From the records below, set down exactly the lines starting with the line that contains "mail_absent = refl" and going on through the line that contains "assign_ip-shared_default shared toy_host". Nothing else is wanted.

────

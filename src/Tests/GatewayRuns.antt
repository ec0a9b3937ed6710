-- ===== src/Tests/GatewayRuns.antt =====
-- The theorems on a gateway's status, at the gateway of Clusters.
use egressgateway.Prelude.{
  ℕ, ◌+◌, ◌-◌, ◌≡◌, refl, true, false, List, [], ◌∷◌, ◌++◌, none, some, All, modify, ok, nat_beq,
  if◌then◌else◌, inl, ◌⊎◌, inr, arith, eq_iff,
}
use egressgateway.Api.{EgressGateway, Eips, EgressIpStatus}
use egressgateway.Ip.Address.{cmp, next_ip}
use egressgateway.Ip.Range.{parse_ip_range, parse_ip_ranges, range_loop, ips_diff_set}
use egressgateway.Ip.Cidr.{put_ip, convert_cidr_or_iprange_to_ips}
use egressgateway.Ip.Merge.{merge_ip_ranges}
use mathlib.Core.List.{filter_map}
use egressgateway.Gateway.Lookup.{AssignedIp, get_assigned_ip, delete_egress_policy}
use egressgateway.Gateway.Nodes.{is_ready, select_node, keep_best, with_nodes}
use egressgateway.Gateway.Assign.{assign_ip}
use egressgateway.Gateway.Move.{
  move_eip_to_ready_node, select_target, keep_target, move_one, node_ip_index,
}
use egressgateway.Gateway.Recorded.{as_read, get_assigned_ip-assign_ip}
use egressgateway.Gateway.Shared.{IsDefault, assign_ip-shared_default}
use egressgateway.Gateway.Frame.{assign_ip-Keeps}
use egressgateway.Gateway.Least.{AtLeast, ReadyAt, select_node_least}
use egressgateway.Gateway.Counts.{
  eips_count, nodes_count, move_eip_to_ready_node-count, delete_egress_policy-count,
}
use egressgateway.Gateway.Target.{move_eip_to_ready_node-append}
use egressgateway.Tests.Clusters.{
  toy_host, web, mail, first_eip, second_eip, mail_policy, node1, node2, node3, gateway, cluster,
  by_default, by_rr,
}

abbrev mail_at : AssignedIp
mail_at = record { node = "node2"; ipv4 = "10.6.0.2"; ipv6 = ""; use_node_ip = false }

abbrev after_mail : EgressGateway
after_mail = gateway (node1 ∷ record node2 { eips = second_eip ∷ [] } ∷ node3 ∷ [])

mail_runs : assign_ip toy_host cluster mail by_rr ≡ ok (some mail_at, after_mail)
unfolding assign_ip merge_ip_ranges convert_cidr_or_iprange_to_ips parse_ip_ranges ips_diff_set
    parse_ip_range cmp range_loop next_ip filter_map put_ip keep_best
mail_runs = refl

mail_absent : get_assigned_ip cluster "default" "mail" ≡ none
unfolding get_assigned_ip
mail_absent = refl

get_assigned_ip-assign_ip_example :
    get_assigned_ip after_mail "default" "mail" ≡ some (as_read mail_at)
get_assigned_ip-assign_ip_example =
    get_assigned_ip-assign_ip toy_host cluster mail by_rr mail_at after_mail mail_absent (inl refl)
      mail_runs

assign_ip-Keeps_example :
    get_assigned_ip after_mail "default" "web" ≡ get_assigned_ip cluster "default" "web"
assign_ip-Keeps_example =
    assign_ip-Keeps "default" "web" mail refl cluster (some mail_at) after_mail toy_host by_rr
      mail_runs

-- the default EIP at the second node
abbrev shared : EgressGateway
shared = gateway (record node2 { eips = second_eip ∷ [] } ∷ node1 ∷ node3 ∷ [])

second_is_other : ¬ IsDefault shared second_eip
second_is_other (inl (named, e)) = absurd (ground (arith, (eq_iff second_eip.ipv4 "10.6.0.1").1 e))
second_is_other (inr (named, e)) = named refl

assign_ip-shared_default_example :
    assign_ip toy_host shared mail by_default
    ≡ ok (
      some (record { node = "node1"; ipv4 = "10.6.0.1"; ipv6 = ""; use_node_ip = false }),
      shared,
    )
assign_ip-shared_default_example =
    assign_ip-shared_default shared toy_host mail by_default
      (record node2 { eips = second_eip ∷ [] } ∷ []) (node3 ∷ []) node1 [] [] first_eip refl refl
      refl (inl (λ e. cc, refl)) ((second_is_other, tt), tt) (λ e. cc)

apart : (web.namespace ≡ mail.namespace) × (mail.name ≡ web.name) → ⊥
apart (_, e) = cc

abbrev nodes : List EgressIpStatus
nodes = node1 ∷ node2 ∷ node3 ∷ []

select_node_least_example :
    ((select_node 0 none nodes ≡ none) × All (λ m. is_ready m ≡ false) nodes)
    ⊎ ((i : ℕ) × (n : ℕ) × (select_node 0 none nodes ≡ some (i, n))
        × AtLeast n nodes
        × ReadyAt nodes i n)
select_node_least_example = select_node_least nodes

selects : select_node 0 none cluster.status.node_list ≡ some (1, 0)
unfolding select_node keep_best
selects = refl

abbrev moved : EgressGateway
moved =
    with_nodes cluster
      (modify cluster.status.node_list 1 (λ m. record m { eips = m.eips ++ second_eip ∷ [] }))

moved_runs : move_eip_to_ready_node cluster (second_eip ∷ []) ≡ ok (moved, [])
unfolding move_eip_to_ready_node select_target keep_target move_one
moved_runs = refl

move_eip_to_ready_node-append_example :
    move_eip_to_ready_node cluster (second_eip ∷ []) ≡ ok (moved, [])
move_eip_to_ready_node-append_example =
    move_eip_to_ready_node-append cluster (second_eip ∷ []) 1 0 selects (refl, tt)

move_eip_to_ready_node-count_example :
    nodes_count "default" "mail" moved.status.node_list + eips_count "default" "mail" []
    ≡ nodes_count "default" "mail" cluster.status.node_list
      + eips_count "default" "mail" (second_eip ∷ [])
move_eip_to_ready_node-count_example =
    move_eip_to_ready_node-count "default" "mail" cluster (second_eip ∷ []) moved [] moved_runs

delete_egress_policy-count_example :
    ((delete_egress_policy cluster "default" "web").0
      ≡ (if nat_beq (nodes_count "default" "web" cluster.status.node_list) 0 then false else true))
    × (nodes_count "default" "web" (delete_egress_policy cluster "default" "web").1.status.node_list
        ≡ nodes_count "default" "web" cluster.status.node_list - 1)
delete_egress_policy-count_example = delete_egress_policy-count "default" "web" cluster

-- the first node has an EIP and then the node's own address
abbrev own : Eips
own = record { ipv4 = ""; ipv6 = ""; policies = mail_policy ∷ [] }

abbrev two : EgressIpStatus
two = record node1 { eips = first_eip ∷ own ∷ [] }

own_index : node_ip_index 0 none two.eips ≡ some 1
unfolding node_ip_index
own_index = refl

────

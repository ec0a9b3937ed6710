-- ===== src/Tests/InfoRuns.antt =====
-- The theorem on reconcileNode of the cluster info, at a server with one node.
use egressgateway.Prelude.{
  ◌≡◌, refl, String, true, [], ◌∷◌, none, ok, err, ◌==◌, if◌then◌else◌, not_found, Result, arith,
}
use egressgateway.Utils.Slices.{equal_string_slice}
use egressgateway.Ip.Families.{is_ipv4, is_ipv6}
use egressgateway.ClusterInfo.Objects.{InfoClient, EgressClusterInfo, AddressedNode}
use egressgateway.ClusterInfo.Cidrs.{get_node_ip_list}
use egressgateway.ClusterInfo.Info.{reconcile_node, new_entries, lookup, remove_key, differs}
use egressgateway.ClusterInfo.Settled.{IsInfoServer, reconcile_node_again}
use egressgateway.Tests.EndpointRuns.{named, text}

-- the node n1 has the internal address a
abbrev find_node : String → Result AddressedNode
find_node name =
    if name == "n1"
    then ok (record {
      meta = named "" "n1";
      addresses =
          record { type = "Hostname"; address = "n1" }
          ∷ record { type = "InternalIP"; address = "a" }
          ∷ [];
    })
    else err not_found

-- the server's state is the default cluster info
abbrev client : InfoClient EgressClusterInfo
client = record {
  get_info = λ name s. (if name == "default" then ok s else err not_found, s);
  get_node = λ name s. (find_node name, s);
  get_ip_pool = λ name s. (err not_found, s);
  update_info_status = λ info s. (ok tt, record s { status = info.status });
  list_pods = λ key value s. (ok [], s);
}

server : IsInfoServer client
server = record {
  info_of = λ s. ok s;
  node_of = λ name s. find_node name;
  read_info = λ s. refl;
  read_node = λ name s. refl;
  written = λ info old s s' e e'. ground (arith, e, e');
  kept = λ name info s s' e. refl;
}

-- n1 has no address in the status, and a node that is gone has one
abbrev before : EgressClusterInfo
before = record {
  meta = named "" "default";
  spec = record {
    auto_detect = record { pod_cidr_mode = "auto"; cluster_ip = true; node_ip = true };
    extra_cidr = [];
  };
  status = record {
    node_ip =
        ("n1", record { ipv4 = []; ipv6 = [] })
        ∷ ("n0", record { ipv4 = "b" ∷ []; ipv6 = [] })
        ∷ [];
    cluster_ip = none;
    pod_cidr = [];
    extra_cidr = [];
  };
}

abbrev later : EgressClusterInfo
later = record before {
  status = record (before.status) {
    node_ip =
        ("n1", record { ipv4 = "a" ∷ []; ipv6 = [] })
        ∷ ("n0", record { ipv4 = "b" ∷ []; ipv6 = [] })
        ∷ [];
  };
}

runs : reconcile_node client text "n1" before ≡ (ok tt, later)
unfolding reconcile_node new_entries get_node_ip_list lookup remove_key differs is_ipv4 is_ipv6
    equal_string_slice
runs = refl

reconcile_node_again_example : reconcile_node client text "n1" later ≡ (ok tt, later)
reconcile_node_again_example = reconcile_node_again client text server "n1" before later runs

────

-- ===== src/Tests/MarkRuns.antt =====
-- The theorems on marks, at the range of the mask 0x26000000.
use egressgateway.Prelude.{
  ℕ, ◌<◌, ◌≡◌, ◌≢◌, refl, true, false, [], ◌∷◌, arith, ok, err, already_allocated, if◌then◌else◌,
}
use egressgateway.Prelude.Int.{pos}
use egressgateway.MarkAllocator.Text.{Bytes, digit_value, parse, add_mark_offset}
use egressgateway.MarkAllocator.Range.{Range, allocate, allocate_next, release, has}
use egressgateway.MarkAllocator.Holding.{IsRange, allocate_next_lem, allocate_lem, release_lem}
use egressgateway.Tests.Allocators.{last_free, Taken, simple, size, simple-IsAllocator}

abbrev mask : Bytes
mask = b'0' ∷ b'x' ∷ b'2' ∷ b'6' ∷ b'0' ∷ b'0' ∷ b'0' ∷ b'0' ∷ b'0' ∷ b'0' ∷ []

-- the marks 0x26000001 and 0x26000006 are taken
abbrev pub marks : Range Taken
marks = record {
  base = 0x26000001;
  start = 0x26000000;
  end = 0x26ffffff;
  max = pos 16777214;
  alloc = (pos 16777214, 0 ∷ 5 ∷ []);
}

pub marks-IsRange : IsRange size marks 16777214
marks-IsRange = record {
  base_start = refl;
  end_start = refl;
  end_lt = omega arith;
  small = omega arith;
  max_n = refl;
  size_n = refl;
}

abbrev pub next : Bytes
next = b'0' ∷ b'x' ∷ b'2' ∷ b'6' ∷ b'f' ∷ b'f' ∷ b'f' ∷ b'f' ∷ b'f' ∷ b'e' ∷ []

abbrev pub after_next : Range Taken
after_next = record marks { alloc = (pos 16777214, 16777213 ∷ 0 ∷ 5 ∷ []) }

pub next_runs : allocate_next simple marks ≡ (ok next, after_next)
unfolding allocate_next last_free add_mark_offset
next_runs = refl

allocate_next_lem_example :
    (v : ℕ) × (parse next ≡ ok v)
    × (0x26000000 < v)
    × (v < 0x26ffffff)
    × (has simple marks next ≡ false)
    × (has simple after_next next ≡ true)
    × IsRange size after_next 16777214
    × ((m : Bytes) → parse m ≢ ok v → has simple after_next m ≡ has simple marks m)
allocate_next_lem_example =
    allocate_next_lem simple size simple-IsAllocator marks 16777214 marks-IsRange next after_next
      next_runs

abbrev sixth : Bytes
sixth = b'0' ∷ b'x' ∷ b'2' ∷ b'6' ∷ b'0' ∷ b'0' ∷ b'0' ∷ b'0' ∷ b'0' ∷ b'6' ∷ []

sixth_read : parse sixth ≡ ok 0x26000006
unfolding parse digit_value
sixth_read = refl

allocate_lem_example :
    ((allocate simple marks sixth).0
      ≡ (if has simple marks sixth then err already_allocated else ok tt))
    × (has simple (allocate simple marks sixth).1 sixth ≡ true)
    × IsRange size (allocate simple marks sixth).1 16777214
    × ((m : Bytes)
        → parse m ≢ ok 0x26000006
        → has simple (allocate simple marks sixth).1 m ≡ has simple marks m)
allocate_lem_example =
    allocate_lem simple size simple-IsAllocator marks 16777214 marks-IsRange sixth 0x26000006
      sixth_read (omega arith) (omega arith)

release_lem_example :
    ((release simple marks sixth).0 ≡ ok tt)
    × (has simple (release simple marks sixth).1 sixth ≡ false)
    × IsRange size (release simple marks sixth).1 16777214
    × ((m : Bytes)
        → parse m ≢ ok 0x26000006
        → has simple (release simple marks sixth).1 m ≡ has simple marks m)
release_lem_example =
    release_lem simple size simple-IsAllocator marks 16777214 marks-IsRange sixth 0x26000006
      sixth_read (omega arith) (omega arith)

────

**Answer box**:
mail_absent = refl

get_assigned_ip-assign_ip_example :
    get_assigned_ip after_mail "default" "mail" ≡ some (as_read mail_at)
get_assigned_ip-assign_ip_example =
    get_assigned_ip-assign_ip toy_host cluster mail by_rr mail_at after_mail mail_absent (inl refl)
      mail_runs

assign_ip-Keeps_example :
    get_assigned_ip after_mail "default" "web" ≡ get_assigned_ip cluster "default" "web"
assign_ip-Keeps_example =
    assign_ip-Keeps "default" "web" mail refl cluster (some mail_at) after_mail toy_host by_rr
      mail_runs

-- the default EIP at the second node
abbrev shared : EgressGateway
shared = gateway (record node2 { eips = second_eip ∷ [] } ∷ node1 ∷ node3 ∷ [])

second_is_other : ¬ IsDefault shared second_eip
second_is_other (inl (named, e)) = absurd (ground (arith, (eq_iff second_eip.ipv4 "10.6.0.1").1 e))
second_is_other (inr (named, e)) = named refl

assign_ip-shared_default_example :
    assign_ip toy_host shared mail by_default
    ≡ ok (
      some (record { node = "node1"; ipv4 = "10.6.0.1"; ipv6 = ""; use_node_ip = false }),
      shared,
    )
assign_ip-shared_default_example =
    assign_ip-shared_default shared toy_host mail by_default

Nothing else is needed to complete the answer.